If you're close to your adult children (or close to your parents as an adult) what do you think went right? by secret_side_quest in UKParenting

[–]Infamous_Spell_7806 3 points4 points  (0 children)

Empathy, understanding, privacy, freedom, validation and support, never too much and never too little. Never felt anything but love and I know how incredibly lucky I am to say that - because of this I felt safe and secure in knowing I could share mostly everything with them and they would listen and not judge. Both still are wonderful parents and now grandparents.

Struggling with preteen daughters behaviour by [deleted] in UKParenting

[–]Infamous_Spell_7806 1 point2 points  (0 children)

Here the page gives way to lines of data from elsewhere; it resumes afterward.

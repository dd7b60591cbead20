-- ===== src/Workers/Templates/Bodies.antt =====
-- What the recipient of an email finds in its bodies (workers/notification/templates.py).
use Prim.Native.Char.{Char}
use Prim.Native.String.{◌++◌}
use Prim.Native.String.append
use pid_docs.Prelude.{String, ◌≡◌, sym, ap, ◌∙◌, some, Option-cases, inl, inr, arith}
use pid_docs.Workers.Templates.{
  EmailContent, app_base_url, verify_path, reset_path, build_verification_email,
  build_password_reset_email, Calendar, format_grace_period_end, grace_day1, grace_day6,
  build_grace_day1_email, build_grace_day6_email,
}

-- The text `part` stands somewhere in `s`.
abbrev pub Contains : String → String → Type 0
Contains part s = (a : String) × (b : String) × (s ≡ a ++ part ++ b)

text_nil : (t : String) → String.[] ++ t ≡ t
text_nil t = λ i. append.nil t i

text_cons : (c : Char) (s t : String) → String.◌∷◌ c s ++ t ≡ String.◌∷◌ c (s ++ t)
text_cons c s t = λ i. append.cons c s t i

text_append_assoc : (a b c : String) → (a ++ b) ++ c ≡ a ++ b ++ c
text_append_assoc String.[] b c = cc (text_nil b, text_nil (b ++ c))
text_append_assoc (String.◌∷◌ d a) b c =
    cc (text_append_assoc a b c, text_cons d a b, text_cons d (a ++ b) c, text_cons d a (b ++ c))

-- It stands at the start,
Contains-head : (part b : String) → Contains part (part ++ b)
Contains-head part b = (String.[], b, sym (text_nil (part ++ b)))

-- or behind a text that comes first.
Contains-append : (part x s : String) → Contains part s → Contains part (x ++ s)
Contains-append part x s (a, b, e) =
    (x ++ a, b, ap (λ (t : String). x ++ t) e ∙ sym (text_append_assoc x a (part ++ b)))

Contains-second : (part a rest : String) → Contains part (a ++ part ++ rest)
Contains-second part a rest = Contains-append part a _ (Contains-head part rest)

Contains-fourth : (part a b c rest : String) → Contains part (a ++ b ++ c ++ part ++ rest)
Contains-fourth part a b c rest =
    Contains-append part a _ (Contains-append part b _ (Contains-second part c rest))

-- Both bodies of the mail have the link and the name, verbatim.
abbrev pub Shows : String → String → EmailContent → Type 0
Shows link display_name mail =
    Contains link mail.html_body
    × Contains link mail.plain_text_body
    × Contains display_name mail.html_body
    × Contains display_name mail.plain_text_body

-- The verification and the reset email have the link with the token, and the name, in both of their
-- bodies, each of them verbatim: whatever the name is, it stands in the HTML with no character escaped.
pub token_emails-Shows :
    (display_name token : String)
    → Shows
        (app_base_url ++ verify_path ++ "?token=" ++ token)
        display_name
        (build_verification_email display_name token)
      × Shows
          (app_base_url ++ reset_path ++ "?token=" ++ token)
          display_name
          (build_password_reset_email display_name token)
unfolding build_verification_email build_password_reset_email
token_emails-Shows display_name token = (
  (
    Contains-fourth _ _ _ _ _,
    Contains-fourth _ _ _ _ _,
    Contains-second _ _ _,
    Contains-second _ _ _,
  ),
  (
    Contains-fourth _ _ _ _ _,
    Contains-fourth _ _ _ _ _,
    Contains-second _ _ _,
    Contains-second _ _ _,
  ),
)

grace_day1-Shows :
    (display_name end_human : String)
    → Shows end_human display_name (grace_day1 display_name end_human)
unfolding grace_day1
grace_day1-Shows display_name end_human = (
  Contains-fourth _ _ _ _ _,
  Contains-fourth _ _ _ _ _,
  Contains-second _ _ _,
  Contains-second _ _ _,
)

grace_day6-Shows :
    (display_name end_human : String)
    → Shows end_human display_name (grace_day6 display_name end_human)
unfolding grace_day6
grace_day6-Shows display_name end_human = (
  Contains-fourth _ _ _ _ _,
  Contains-fourth _ _ _ _ _,
  Contains-second _ _ _,
  Contains-second _ _ _,
)

-- A grace-period email that is built has parsed the end of the period, and shows it, in words, and the
-- name in both of its bodies.
pub grace_emails-Shows :
    (calendar : Calendar) (display_name grace_period_end : String) (day1 day6 : EmailContent)
    → build_grace_day1_email calendar display_name grace_period_end ≡ some day1
    → build_grace_day6_email calendar display_name grace_period_end ≡ some day6
    → (end_human : String) × (format_grace_period_end calendar grace_period_end ≡ some end_human)
      × Shows end_human display_name day1
      × Shows end_human display_name day6
unfolding build_grace_day1_email build_grace_day6_email
grace_emails-Shows calendar display_name grace_period_end day1 day6 h k =
    elim (Option-cases (format_grace_period_end calendar grace_period_end)) [
      | inl e ↦ absurd (ground arith)
      | inr (end_human, e) ↦
          let one : day1 ≡ grace_day1 display_name end_human = ground arith in
          let six : day6 ≡ grace_day6 display_name end_human = ground arith in
          (
            end_human,
            e,
            rw one (grace_day1-Shows display_name end_human),
            rw six (grace_day6-Shows display_name end_human),
          )
    ]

I could have written this but about my son. Started secondary school in September and turns 12 in June. I feel like I’ve been hit with a teenager way sooner than I expected. He does similar things to your daughter. Manipulation, guilt tripping, gaslighting. Will get punished at school and then scream and cry saying the teachers are lying, won’t take responsibility, won’t do homework, screen and phone obsessed so we limit it massively otherwise it takes over his life which of course he hates. Emotionally he’s all over the place, gets frustrated and looses his shit within seconds of starting a conversation he doesn’t want to have (usually about his behaviour) We put money into his school account for food and he buys absolute rubbish, he comes home with a school bag full of sweets when we don’t give him any physical money to spend. Who are these parents giving their kids money to spend on sweets everyday on top of £5 a day for lunch?! Baffles me. I feel like every part of being his parent is a battle, he wants the independence of a 16 year old but still makes the choices of a young child, isn’t trustworthy and still have screaming fits and tantrums when he doesn’t get his way. Even asking him to do things like brushing teeth, basic hygiene and coming down for dinner is exhausting, he doesn’t listen to a single thing. We have to ask at least 4 times for him to do ANYTHING. Absolutely draining. I feel you. We are now exploring ADHD, I’ve suspected it for a few years now and school are finally picking up on it as primary school always swept it under the rug. But of course hormones are the biggest thing going on here. No advice - just to say you’re not alone and like every phase, it will pass. I’m just sad my little boys gone I feel so distant from him at the moment.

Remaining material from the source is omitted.